__Exercise__: In the listing below, how many lines include "buffer"? Give the number and no other text.

__Data for the task__:

-- ===== src/Entry/Walk/Chain.antt =====
-- entry.c: the clusters of a file or a directory, as the table links them, and the walk through them.
use model_lib.Prelude.{
  ℕ, zero, suc, ◌+◌, ◌≤◌, ◌<◌, ◌≡◌, ◌≢◌, ◌⊎◌, inl, inr, arith, Bool, Outcome, ok, ◌>>=◌, List, [],
  ◌∷◌, length, eq→==, ne→==, ap₂, fun_ext,
}
use model_lib.Memory.{Bytes}
use model_lib.Volume.{Volume, read_at, cluster_size}
use model_lib.Volume.Layout.{Layout}
use model_lib.Fat.{u32_mod, read_fat_index}
use model_lib.Fat.Entries.{InFat, entry, read_fat_index-entry}
use model_lib.Entry.Dirent.{entry_per_data_cluster}
use model_lib.Entry.Walk.{found, passed, get_first_entry, scan_entries, walk_clusters}
use model_lib.Entry.Walk.Clusters.{
  cluster_pos, read_cluster_lem, view, Padded, view-Padded, read_at-view,
}

-- The end mark of two bytes.
abbrev pub end_mark : ℕ
end_mark = 0xffff

-- A cluster that is linked by an entry of the table and lies in the file.
pub record IsCluster (s : ℕ) (v : Volume) (c : ℕ) : Type 0 where
  pub in_fat : InFat 2 s c
  pub in_file : cluster_pos s c + 512 ≤ v.size
  pub not_end : c ≢ end_mark

-- From cluster `c` the table leads through the clusters `cs` to the end mark.
pub data Chain (s : ℕ) (v : Volume) : ℕ → List ℕ → Type 0 where
  stop : {c : ℕ} → c ≡ end_mark → Chain s v c []
  link : {c : ℕ} {cs : List ℕ} → IsCluster s v c → Chain s v (entry 2 v c) cs → Chain s v c (c ∷ cs)

module _ {S A : Type 0} where
  -- The walk without the table: the scans of the clusters of a list, one after the other.
  unfoldable pub walk_list :
      (visit : (cluster_number position : ℕ) → Bytes → ℕ → S → Outcome (A ⊎ S))
      → (s : ℕ) → Volume
      → (before : ℕ) → Bool
      → S
      → List ℕ
      → Outcome (A ⊎ ℕ)
  walk_list visit s v before flag state [] = ok (inr before)
  walk_list visit s v before flag state (c ∷ cs) = get_first_entry flag >>= λ n.
      scan_entries (visit c (cluster_pos s c)) (entry_per_data_cluster + 1)
        (view v (cluster_pos s c)) n flag state
      >>= λ r. elim r [
        | found a ↦ ok (inl a)
        | passed flag' state' ↦ walk_list visit s v c flag' state' cs
      ]

  -- On a formatted volume with two-byte indices, the walk from the first cluster of a chain scans the
  -- clusters of the chain in order, and one round more than the chain has clusters is enough.
  pub walk_clusters-walk_list :
      (visit : (cluster_number position : ℕ) → Bytes → ℕ → S → Outcome (A ⊎ S)) {s : ℕ} {v : Volume}
      (l : Layout 2 s v) (fuel : ℕ) (buffer : Bytes) (before c : ℕ) (cs : List ℕ) (flag : Bool)
      (state : S)
      → Chain s v c cs
      → length cs < fuel
      → Padded buffer
      → walk_clusters visit fuel v end_mark buffer before c flag state
        ≡ walk_list visit s v before flag state cs
  unfolding walk_clusters walk_list
  walk_clusters-walk_list visit l zero buffer before c cs flag state chain h padded =
      absurd (omega arith)
  walk_clusters-walk_list visit l (suc fuel) buffer before c _ flag state (stop e) h padded =
      rw (walk_clusters, eq→== c end_mark e)
  walk_clusters-walk_list visit {s} {v} l (suc fuel) buffer before c _ flag state
        (link {cs} is rest) h padded =
      let position = cluster_pos s c in
      let small : c < u32_mod = omega (arith, is.in_fat, l.few) in
      let seen : read_at v position buffer cluster_size ≡ view v position =
        read_at-view v position buffer padded is.in_file (omega (arith, is.in_fat, l.few)) in
      let next_is : read_fat_index v c ≡ ok (entry 2 v c) =
        read_fat_index-entry l c is.in_fat (omega arith) (omega arith) in
      let same : ◌≡◌ {A = Bool → S → Outcome (A ⊎ ℕ)}
          (λ flag' state'. read_fat_index v c >>= λ next.
            walk_clusters visit fuel v end_mark (read_at v position buffer cluster_size) c next
              flag' state')
          (λ flag' state'. walk_list visit s v c flag' state' cs) =
        fun_ext λ flag'. fun_ext λ state'.
          rw (next_is, seen)
            (walk_clusters-walk_list visit l fuel (view v position) c (entry 2 v c) cs flag' state'
              rest (omega arith) (view-Padded v position)) in
      rw (walk_clusters, ne→== c end_mark is.not_end, read_cluster_lem l c is.in_fat.0 small)
        (ap₂
          (λ (cluster : Bytes) (k : Bool → S → Outcome (A ⊎ ℕ)). get_first_entry flag >>= λ n.
            scan_entries (visit c position) (entry_per_data_cluster + 1) cluster n flag state
            >>= λ r. elim r [ found a ↦ ok (inl a) | passed flag' state' ↦ k flag' state' ])
          seen same)
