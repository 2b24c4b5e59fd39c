-- ===== src/Entry/Walk/Claim.antt =====
-- fat.c and entry.c: what it does to the directories and files when a free cluster gets an end mark.
use mathlib.Core.List.{Memᴰ}
use mathlib.Core.Path.{subst}
use model_lib.Prelude.{
  ℕ, ◌+◌, ◌≤◌, ◌<◌, ◌≡◌, ◌≢◌, refl, sym, ◌∙◌, ap, arith, ltb, Bool-cases, inl, inr, fun_ext, ne→==,
  eq→==, List, [], ◌∷◌,
}
use model_lib.Memory.{Bytes, bytes_of}
use model_lib.Memory.Laws.{copy_to_out}
use model_lib.Volume.{Volume}
use model_lib.Volume.Layout.{Layout}
use model_lib.Fat.Entries.{
  InFat, entry, entry_pos, set_entry, set_entry_lem, entry-set_entry, Layout-set_entry,
}
use model_lib.Entry.Walk.Clusters.{cluster_pos, data_start, view}
use model_lib.Entry.Walk.Chain.{Chain, stop, link, end_mark, IsCluster}

-- The volume behind the end mark.
abbrev pub claimed : Volume → ℕ → Volume
claimed v head = set_entry 2 v head end_mark

-- The contents of all clusters.
abbrev pub contents : (s : ℕ) → Volume → ℕ → Bytes
contents s v c = view v (cluster_pos s c)

-- A chain holds no cluster whose entry is 0.
pub Chain-used :
    {s : ℕ} {v : Volume} {c : ℕ} {cs : List ℕ}
    → Chain s v c cs
    → (x : ℕ) → Memᴰ x cs
    → entry 2 v x ≢ 0
Chain-used (stop e) x m = elim m [ ]
Chain-used (link is (stop e)) x (Memᴰ.head here) = rw here (λ z. omega (arith, e, z))
Chain-used (link is (link is' rest)) x (Memᴰ.head here) =
    rw here (λ z. omega (arith, is'.in_fat, z))
Chain-used (link is rest) x (Memᴰ.tail m) = Chain-used rest x m

-- A write to an entry of the table keeps the chains that the entry is not in, and all clusters.
module _ {s : ℕ} {v : Volume} (l : Layout 2 s v) (i value : ℕ) (inside : InFat 2 s i) where
  pub IsCluster-set_entry : (c : ℕ) → IsCluster s v c → IsCluster s (set_entry 2 v i value) c
  IsCluster-set_entry c is = record {
    in_fat = is.in_fat;
    in_file = rw (set_entry_lem l i value inside) (omega (arith, is.in_file));
    not_end = is.not_end;
  }

  pub entry-set_other : (c : ℕ) → 2 ≤ c → c ≢ i → entry 2 (set_entry 2 v i value) c ≡ entry 2 v c
  entry-set_other c low ne =
      entry-set_entry l i c value inside low ∙ rw (ne→== i c (λ e. ne (sym e))) refl

  pub entry-set_self : value < 65536 → entry 2 (set_entry 2 v i value) i ≡ value
  entry-set_self small =
      entry-set_entry l i i value inside inside.0 ∙ rw (eq→== i i refl) (omega arith)

  pub Chain-set_entry :
      {c : ℕ} {cs : List ℕ}
      → ((x : ℕ) → Memᴰ x cs → x ≢ i)
      → Chain s v c cs
      → Chain s (set_entry 2 v i value) c cs
  Chain-set_entry other (stop e) = stop e
  Chain-set_entry other (link {c} {cs} is rest) = link (IsCluster-set_entry c is) (
      subst (λ x. Chain s (set_entry 2 v i value) x cs)
        (sym (entry-set_other c is.in_fat.0 (other c (Memᴰ.head refl))))
        (Chain-set_entry (λ x m. other x (Memᴰ.tail m)) rest))

  pub bytes-set_entry : (p : ℕ) → data_start s ≤ p → (set_entry 2 v i value).bytes p ≡ v.bytes p
  bytes-set_entry p h =
      rw (set_entry_lem l i value inside)
        (copy_to_out v.bytes (entry_pos 2 i) (bytes_of value) 2 p (omega arith))

  pub contents-set_entry : contents s (set_entry 2 v i value) ≡ contents s v
  contents-set_entry = fun_ext λ c. fun_ext λ j. elim (Bool-cases (ltb j 512)) [
    | inl e ↦ rw e (bytes-set_entry (cluster_pos s c + j) (omega arith))
    | inr e ↦ rw e refl
  ]

module _ {s : ℕ} {v : Volume} (l : Layout 2 s v) (head : ℕ) (is : IsCluster s v head)
    (free : entry 2 v head ≡ 0) where
  pub claimed-Layout : Layout 2 s (claimed v head)
  claimed-Layout = Layout-set_entry l head end_mark is.in_fat

  pub not_in : {c : ℕ} {cs : List ℕ} → Chain s v c cs → (x : ℕ) → Memᴰ x cs → x ≢ head
  not_in chain x m e = Chain-used chain x m (ap (entry 2 v) e ∙ free)

  -- Every chain stays, and the free cluster is a chain of its own.
  pub Chain-claimed : {c : ℕ} {cs : List ℕ} → Chain s v c cs → Chain s (claimed v head) c cs
  Chain-claimed chain = Chain-set_entry l head end_mark is.in_fat (not_in chain) chain

  pub Chain-new : Chain s (claimed v head) head (head ∷ [])
  Chain-new =
      link (IsCluster-set_entry l head end_mark is.in_fat head is)
        (stop (entry-set_self l head end_mark is.in_fat (omega arith)))

  pub contents-claimed : contents s (claimed v head) ≡ contents s v
  contents-claimed = contents-set_entry l head end_mark is.in_fat
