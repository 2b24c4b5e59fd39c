-- ===== src/Entry/Walk/Once.antt =====
-- entry.c: a chain is determined by the table, and comes to no cluster twice.
use mathlib.Core.List.{Memᴰ}
use mathlib.Core.Path.{subst}
use model_lib.Prelude.{ℕ, suc, ◌≤◌, ◌≡◌, refl, sym, ap, arith, List, ◌∷◌, length}
use model_lib.Volume.{Volume}
use model_lib.Entry.Walk.Chain.{Chain, stop, link}

pub Chain-length :
    {s : ℕ} {v : Volume} {c : ℕ} {cs cs' : List ℕ}
    → Chain s v c cs
    → Chain s v c cs'
    → length cs ≡ length cs'
Chain-length (stop e) (stop e') = refl
Chain-length (stop e) (link is rest) = absurd (is.not_end e)
Chain-length (link is rest) (stop e) = absurd (is.not_end e)
Chain-length (link is rest) (link is' rest') = ap suc (Chain-length rest rest')

-- The chain from a cluster of a chain is no longer.
Chain-tail :
    {s : ℕ} {v : Volume} {c : ℕ} {cs : List ℕ} (x : ℕ)
    → Chain s v c cs
    → Memᴰ x cs
    → (cs' : List ℕ) × Chain s v x cs' × (length cs' ≤ length cs)
Chain-tail x (stop e) m = elim m [ ]
Chain-tail {s} {v} x (link {c} {cs} is rest) (Memᴰ.head here) =
    (c ∷ cs, subst (λ z. Chain s v z (c ∷ cs)) (sym here) (link is rest), omega arith)
Chain-tail x (link is rest) (Memᴰ.tail m) =
    let (cs', chain, short) = Chain-tail x rest m in (cs', chain, omega arith)

pub Chain-new_head :
    {s : ℕ} {v : Volume} {c0 : ℕ} (c : ℕ) {cs : List ℕ} → Chain s v c0 (c ∷ cs) → Memᴰ c cs → ⊥
Chain-new_head c (link is rest) m =
    let (cs', chain, short) = Chain-tail c rest m in
    omega (arith, short, Chain-length chain (link is rest))
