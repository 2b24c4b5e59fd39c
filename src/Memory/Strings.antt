-- ===== src/Memory/Strings.antt =====
-- A C string depends on the bytes up to its NUL.
use native.Mathlib.Nat.{add-zero}
use model_lib.Prelude.{
  ne→==, length, false, ℕ, zero, suc, ◌+◌, ◌≤◌, ◌<◌, ◌==◌, ◌≡◌, refl, ap, ap₂, sym, ◌∙◌, arith,
  List, [], ◌∷◌, Option, none, some, if◌then◌else◌,
}
use model_lib.Memory.{Bytes, c_string, string_bytes}

pub c_string_mono :
    (r r' : ℕ) (m : Bytes) (p : ℕ) (t : List ℕ)
    → c_string r m p ≡ some t
    → r ≤ r'
    → c_string r' m p ≡ some t
unfolding c_string
c_string_mono zero r' m p t e h = cc
c_string_mono (suc r) zero m p t e h = absurd (omega arith)
c_string_mono (suc r) (suc r') m p t e h =
    step (c_string r m (suc p)) (c_string r' m (suc p))
      (λ t' e'. c_string_mono r r' m (suc p) t' e' (omega arith)) e
  where
    step :
        (o o' : Option (List ℕ))
        → ((t' : List ℕ) → o ≡ some t' → o' ≡ some t')
        → (if m p == 0 then some [] else elim o [ none ↦ none | some s ↦ some (m p ∷ s) ]) ≡ some t
        → (if m p == 0 then some [] else elim o' [ none ↦ none | some s ↦ some (m p ∷ s) ]) ≡ some t
    step none o' ih e = ground arith
    step (some s) o' ih e = let same = ih s refl in ground arith

pub c_string-same :
    (r : ℕ) (m m' : Bytes) (p q : ℕ)
    → ((i : ℕ) → i < r → m' (q + i) ≡ m (p + i))
    → c_string r m' q ≡ c_string r m p
unfolding c_string
c_string-same zero m m' p q same = refl
c_string-same (suc r) m m' p q same =
    let zero_q : q + 0 ≡ q = omega arith in
    let zero_p : p + 0 ≡ p = omega arith in
    let head : m' q ≡ m p = ap m' (sym zero_q) ∙ same 0 (omega arith) ∙ ap m zero_p in
    ap₂
      (λ (x : ℕ) (o : Option (List ℕ)).
        if x == 0 then some [] else elim o [ none ↦ none | some s ↦ some (x ∷ s) ])
      head
      (c_string-same r m m' (suc p) (suc q) (λ i h.
        let move_q : suc q + i ≡ q + suc i = omega arith in
        let move_p : suc p + i ≡ p + suc i = omega arith in
        ap m' move_q ∙ same (suc i) (omega arith) ∙ ap m (sym move_p)))

-- A C string's characters: bytes other than NUL.
unfoldable pub IsName : List ℕ → Type 0
IsName [] = Unit {0}
IsName (c ∷ s) = (0 < c) × (c < 256) × IsName s

pub string_bytes-byte : (s : List ℕ) → IsName s → (i : ℕ) → string_bytes s i < 256
unfolding IsName
string_bytes-byte [] h i = omega arith
string_bytes-byte (c ∷ s) h zero = h.1
string_bytes-byte (c ∷ s) h (suc i) = string_bytes-byte s h.2 i

-- A string that stands in memory, its NUL included, is read.
pub c_string_stored :
    (s : List ℕ) (r : ℕ) (m : Bytes) (p : ℕ)
    → IsName s
    → length s < r
    → ((i : ℕ) → i ≤ length s → m (p + i) ≡ string_bytes s i)
    → c_string r m p ≡ some s
unfolding c_string IsName
c_string_stored s zero m p h short at = absurd (omega arith)
c_string_stored [] (suc r) m p h short at =
    let here : m p ≡ 0 = omega (arith, at 0 (omega arith), ap m (add-zero p)) in
    ground (arith, here)
c_string_stored (c ∷ s) (suc r) m p h short at =
    let here : m p ≡ c = omega (arith, at 0 (omega arith), ap m (add-zero p)) in
    let nonzero : (m p == 0) ≡ false = ne→== (m p) 0 (omega (arith, here, h.0)) in
    let rest : c_string r m (suc p) ≡ some s =
      c_string_stored s r m (suc p) h.2 (omega arith) (λ i k.
        let move : suc p + i ≡ p + suc i = omega arith in ap m move ∙ at (suc i) (omega arith)) in
    rw (c_string, nonzero, rest, here) refl
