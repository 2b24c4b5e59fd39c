-- ===== src/Entry/Walk/Slots.antt =====
-- entry.c: a walk whose work at an entry only tests it finds the first entry that passes.
use model_lib.Prelude.{
  ℕ, zero, suc, ◌+◌, ◌<◌, ◌≡◌, refl, ◌⊎◌, inl, inr, arith, Bool, true, false, Outcome, ok, ◌>>=◌,
  List, [], ◌∷◌, Option, none, some, if◌then◌else◌, eq→==, ne→==, Bool-cases,
}
use model_lib.Memory.{Bytes}
use model_lib.Volume.{Volume}
use model_lib.Entry.Dirent.{is_long_file_name, attribute, entry_in}
use model_lib.Entry.Walk.{Scanned, found, passed, get_next_entry, scan_entries}
use model_lib.Entry.Walk.Clusters.{cluster_pos, view}
use model_lib.Entry.Walk.Chain.{walk_list}

-- The first of the `k` numbers from `n` on that passes a test.
unfoldable pub first : (ℕ → Bool) → (k n : ℕ) → Option ℕ
first test zero n = none
first test (suc k) n = let rest : Option ℕ = first test k (n + 1) in if test n then some n else rest

-- What `visit` does at the entries of one cluster: where `hit` holds it returns `res`, elsewhere it
-- goes on. No entry has a long name.
pub record Decides {S A : Type 0} (visit : Bytes → ℕ → S → Outcome (A ⊎ S)) (cluster : Bytes)
    (hit : ℕ → Bool) (res : ℕ → A) : Type 0 where
  pub short : (n : ℕ) → n < 8 → is_long_file_name (attribute (entry_in cluster n)) ≡ false
  pub hits : (n : ℕ) (st : S) → n < 8 → hit n ≡ true → visit cluster n st ≡ ok (inl (res n))
  pub misses :
      (n : ℕ) (st : S) → n < 8 → hit n ≡ false → (st' : S) × (visit cluster n st ≡ ok (inr st'))

-- The end of a scan that found or passed.
pub data Ends {S A : Type 0} (res : ℕ → A) : Option ℕ → Outcome (Scanned S A) → Type 0 where
  hit_at : (n : ℕ) → Ends res (some n) (ok (found (res n)))
  none_hit : (st : S) → Ends res none (ok (passed false st))

module _ {S A : Type 0} {visit : Bytes → ℕ → S → Outcome (A ⊎ S)} {cluster : Bytes} {hit : ℕ → Bool}
    {res : ℕ → A} (d : Decides visit cluster hit res) where
  next_short : (n : ℕ) → n < 8 → get_next_entry cluster n false ≡ ok (n + 1, false)
  unfolding get_next_entry
  next_short n h = rw (d.short n h)

  pub scan-first :
      (k fuel n : ℕ) (st : S)
      → n + k ≡ 8
      → k < fuel
      → Ends res (first hit k n) (scan_entries visit fuel cluster n false st)
  unfolding first scan_entries
  scan-first k zero n st e h = absurd (omega arith)
  scan-first zero (suc fuel) n st e h =
      let n' : n ≡ 8 = omega arith in rw (scan_entries, eq→== n 8 n') (none_hit st)
  scan-first (suc k) (suc fuel) n st e h = elim (Bool-cases (hit n)) [
    | inl t ↦ rw (t, scan_entries, ne→== n 8 (omega arith), d.hits n st (omega arith) t) (hit_at n)
    | inr f ↦
        let (st', m) = d.misses n st (omega arith) f in
        rw (f, scan_entries, ne→== n 8 (omega arith), m, next_short n (omega arith))
          (scan-first k fuel (n + 1) st' (omega arith) (omega arith))
  ]

-- A scan that finds nothing in a cluster.
module _ {S A : Type 0} (visit : Bytes → ℕ → S → Outcome (A ⊎ S)) (cluster : Bytes)
    (short : (n : ℕ) → n < 8 → is_long_file_name (attribute (entry_in cluster n)) ≡ false)
    (pass : (n : ℕ) (st : S) → n < 8 → (st' : S) × (visit cluster n st ≡ ok (inr st'))) where
  pub scan_none :
      (k fuel n : ℕ) (st : S)
      → n + k ≡ 8
      → k < fuel
      → (st' : S) × (scan_entries visit fuel cluster n false st ≡ ok (passed false st'))
  unfolding scan_entries get_next_entry
  scan_none k zero n st e h = absurd (omega arith)
  scan_none zero (suc fuel) n st e h =
      let n' : n ≡ 8 = omega arith in (st, rw (scan_entries, eq→== n 8 n') refl)
  scan_none (suc k) (suc fuel) n st e h =
      let (st1, m) = pass n st (omega arith) in
      let (st2, rest) = scan_none k fuel (n + 1) st1 (omega arith) (omega arith) in
      (
        st2,
        rw (scan_entries, ne→== n 8 (omega arith), m, get_next_entry, short n (omega arith)) rest,
      )

-- The first entry that passes in the clusters of a list, as cluster and number; or the last cluster.
unfoldable pub first_in : (hit : (c n : ℕ) → Bool) → (before : ℕ) → List ℕ → (ℕ × ℕ) ⊎ ℕ
first_in hit before [] = inr before
first_in hit before (c ∷ cs) = elim (first (hit c) 8 0) [
  | some n ↦ inl (c, n)
  | none ↦ first_in hit c cs
]

abbrev pub All : (ℕ → Type 0) → List ℕ → Type 0
All P [] = Unit {0}
All P (c ∷ cs) = P c × All P cs

abbrev pub answer : {A : Type 0} → ((c n : ℕ) → A) → (ℕ × ℕ) ⊎ ℕ → A ⊎ ℕ
answer res (inl (c, n)) = inl (res c n)
answer res (inr before) = inr before

module _ {S A : Type 0} (visit : (cluster_number position : ℕ) → Bytes → ℕ → S → Outcome (A ⊎ S))
    (s : ℕ) (v : Volume) (hit : (c n : ℕ) → Bool) (res : (c n : ℕ) → A) where
  abbrev pub DecidesAt : ℕ → Type 0
  DecidesAt c = Decides (visit c (cluster_pos s c)) (view v (cluster_pos s c)) (hit c) (res c)

  pub walk_list-first_in :
      (cs : List ℕ) (before : ℕ) (st : S)
      → All DecidesAt cs
      → walk_list visit s v before false st cs ≡ ok (answer res (first_in hit before cs))
  unfolding walk_list first_in
  walk_list-first_in [] before st ds = refl
  walk_list-first_in (c ∷ cs) before st (d, ds) =
      go _ _ (λ st'. walk_list-first_in cs c st' ds)
        (scan-first d 8 9 0 st (omega arith) (omega arith))
    where
      go :
          (o : Option ℕ) (r : Outcome (Scanned S A))
          → ((st' : S) → walk_list visit s v c false st' cs ≡ ok (answer res (first_in hit c cs)))
          → Ends (res c) o r
          → (r >>= λ r'. elim r' [
            | found a ↦ ok (inl a)
            | passed flag' state' ↦ walk_list visit s v c flag' state' cs
          ])
            ≡ ok (answer res (elim o [ some n ↦ inl (c, n) | none ↦ first_in hit c cs ]))
      go _ _ ih (hit_at n) = refl
      go _ _ ih (none_hit st') = ih st'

__Answer space__: 9